Thanks to Brian and Amal Storseth for hosting a terrific fundraiser for the @OntarioPCParty at their home in Ottawa. #onpoli pic.twitter.com/Cu420LLyuz

— Patrick Brown (@brownbarrie) October 31, 2016


As it happens, Brian Storseth’s wife, Amel, works as an assistant to Brown’s successor and friend Alex Nuttall, the current Barrie Conservative MP who called a news conference at the end of January to denounce Brown’s downfall as an inside job by Toronto elites. Nuttall is “one of our federal endorsements,” Storseth said.


My statement on the @OntarioPCParty pic.twitter.com/c14gEvnXNS

— Alex Nuttall MP (@AlexNuttallMP) January 31, 2018


The first person to speak up directly on Brown’s behalf — not just in his defence, but directly for him — after he resigned was Alise Mills, a crisis-communications expert. She’s based in Vancouver but did a short stint in Ottawa as the head of Conservative Voice, a non-profit formed to push for fiscal conservatism and small government (its website doesn’t seem to have been updated since Mills left in about 2016, though it has a Facebook page).

Brown ran for the provincial Tory leadership as an outsider come to shake things up. After he defeated establishment candidate Christine Elliott, he imported experienced pros from Stephen Harper’s party and government to join his staff as leader of the opposition at Queen’s Park, to run the Progressive Conservative party and to plan the upcoming election campaign. Other former MPs flocked to Brown’s side as provincial candidates.

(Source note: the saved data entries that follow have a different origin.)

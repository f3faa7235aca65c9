-- ===== src/Search/Fusion.antt =====
-- backend/app/search/fusion.py. `of_nat` is the float of an integer. The keys of the two
-- rankings are a set in the source; here they stand in the order of the rankings, and are sorted
-- in the end as in the source.
pub mod Ranks
pub mod Once
use docmesh.Prelude.{
  ℕ, suc, ◌+◌, Bool, true, false, not, ◌&&◌, ◌||◌, Option, none, some, List, [], ◌∷◌, ◌++◌, map,
  filter, if◌then◌else◌,
}
use docmesh.Text.{Text, text_eq}
use docmesh.Graph.{Scores}
use docmesh.Graph.Order.{text_lt}

pub record FusedHit (W : Type 0) : Type 0 where
  pub chunk_id : Text
  pub fused_score : W
  pub dense_rank : Option ℕ
  pub dense_score : Option W
  pub bm25_rank : Option ℕ
  pub bm25_score : Option W

abbrev pub is_present : {A : Type 0} → Option A → Bool
is_present none = false
is_present (some a) = true

-- A dict from chunk ids to a rank and a score.
abbrev pub Ranks : Type 0 → Type 0
Ranks W = List (Text × (ℕ × W))

module _ {W : Type 0} where
  -- `out.get(i)`
  unfoldable pub find_rank : Text → Ranks W → Option (ℕ × W)
  unfolding text_eq
  find_rank i [] = none
  find_rank i ((j, v) ∷ d) = let rest = find_rank i d in if text_eq j i then some v else rest

  -- `out.setdefault(i, v)`
  unfoldable pub set_default : Text → ℕ × W → Ranks W → Ranks W
  unfolding text_eq
  set_default i v [] = (i, v) ∷ []
  set_default i v ((j, u) ∷ d) =
      let rest = set_default i v d in if text_eq j i then (j, u) ∷ d else (j, u) ∷ rest

  unfoldable pub rank_from : ℕ → Ranks W → List (Text × W) → Ranks W
  unfolding set_default
  rank_from rank out [] = out
  rank_from rank out ((i, score) ∷ r) = rank_from (suc rank) (set_default i (rank, score) out) r

  unfoldable pub by_rank : List (Text × W) → Ranks W
  unfolding rank_from
  by_rank ranking = rank_from 1 [] ranking

  abbrev pub keys : Ranks W → List Text
  keys d = map (λ (e : Text × (ℕ × W)). e.0) d

  -- `dense_by_id.keys() | sparse_by_id.keys()`
  unfoldable pub all_keys : Ranks W → Ranks W → List Text
  unfolding find_rank
  all_keys d s = keys d ++ filter (λ i. not (is_present (find_rank i d))) (keys s)

  abbrev pub rank_of : Option (ℕ × W) → Option ℕ
  rank_of none = none
  rank_of (some (rank, score)) = some rank

  abbrev pub raw_score_of : Option (ℕ × W) → Option W
  raw_score_of none = none
  raw_score_of (some (rank, score)) = some score

module _ {W : Type 0} ⦃s : Scores W⦄ (of_nat : ℕ → W) (k : ℕ) where
  -- `if d is not None: fused += weight / (k + d[0])`
  abbrev pub add_term : W → Option (ℕ × W) → W → W
  add_term weight none fused = fused
  add_term weight (some (rank, score)) fused = s.add fused (s.div weight (of_nat (k + rank)))

  unfoldable pub fused_hit : W → Text → Option (ℕ × W) → Option (ℕ × W) → FusedHit W
  fused_hit dense_weight i d b = record {
    chunk_id = i;
    fused_score = add_term (s.sub s.one dense_weight) b (add_term dense_weight d s.nought);
    dense_rank = rank_of d;
    dense_score = raw_score_of d;
    bm25_rank = rank_of b;
    bm25_score = raw_score_of b;
  }

module _ {W : Type 0} ⦃s : Scores W⦄ where
  -- `(-h.fused_score, h.chunk_id)`: does the first hit stand before the second?
  unfoldable pub is_before : FusedHit W → FusedHit W → Bool
  unfolding text_lt
  is_before h g =
      s.lt g.fused_score h.fused_score
      || (not (s.lt h.fused_score g.fused_score) && text_lt h.chunk_id g.chunk_id)

  unfoldable pub insert_hit : FusedHit W → List (FusedHit W) → List (FusedHit W)
  unfolding is_before
  insert_hit h [] = h ∷ []
  insert_hit h (g ∷ r) = let rest = insert_hit h r in if is_before g h then g ∷ rest else h ∷ g ∷ r

  unfoldable pub sort_hits : List (FusedHit W) → List (FusedHit W)
  unfolding insert_hit
  sort_hits [] = []
  sort_hits (h ∷ r) = insert_hit h (sort_hits r)

  unfoldable pub rrf_fuse : (ℕ → W) → List (Text × W) → List (Text × W) → ℕ → W → List (FusedHit W)
  unfolding by_rank all_keys find_rank fused_hit sort_hits
  rrf_fuse of_nat dense sparse k dense_weight =
      let dense_by_id = by_rank dense in
      let sparse_by_id = by_rank sparse in
      sort_hits (
        map
          (λ i.
            fused_hit of_nat k dense_weight i (find_rank i dense_by_id) (find_rank i sparse_by_id))
          (all_keys dense_by_id sparse_by_id))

Brown’s own backroomers kicked the struts out from under him when the allegations of sexual misdeeds first aired, quitting en masse while Brown gave his news conference denying everything — when they left him, they seemed to take the promise of victory in June with them. The ex-MPs have mostly moved over to Caroline Mulroney’s camp; that was before Brown’s surprise entry in the leadership race Friday, but there’s been no mass defection back to Brown’s side.

His prominent backers now mostly fall into two groups: federal-politics allies such as Storseth and people he recruited to the provincial party after becoming leader. As he kicked off his campaign in Mississauga on Sunday, he had one veteran MPP with him in Toby Barrett of Haldimand-Norfolk, The others on stage with him were family, rookie MPP Ross Romano of Sault Ste. Marie; and a passel of yet-unelected candidates, including Carleton’s Goldie Ghamari.

(Ottawa-Vanier’s Fadi Nemr backs Brown, too. Orléans candidate Cameron Montgomery is with Christine Elliott. Kanata-Carleton’s Merrilee Fullerton supports Caroline Mulroney. Sitting Nepean-Carleton MPP Lisa MacLeod is staying neutral, Ottawa South’s Karin Howard hasn’t made an endorsement, and Ottawa Centre and Ottawa West-Nepean don’t currently have Progressive Conservative candidates.)

Brown’s backers are effectively lined up against interim leader Vic Fedeli and Lanark MPP Randy Hillier. Fedeli, who until Friday I’d have said was universally respected by Ontario Tories, talks about the party having rotted under Brown’s leadership and kicked him out of the caucus. Hillier, the former maverick populist who’s adapted to life on a team in his 10 years in politics, has been a human flamethrower pointed at Brown for a week now, accusing him of flat-out fraud in his administration of the party.


My statement why @brownbarrie is unfit to be a member of the PC caucus, the leader of the PC Party, or the Premier of Ontario #onpoli #PCPOLdr pic.twitter.com/b78kMWubCi

— Randy Hillier (@randyhillier) February 18, 2018


If Brown should win his way back, it’ll be awfully hard for them to stick around under his renewed leadership. But Brown didn’t need their support when he won last time, and with a seemingly bottomless well of federal-politics friends to draw on, maybe he won’t need it this time, either.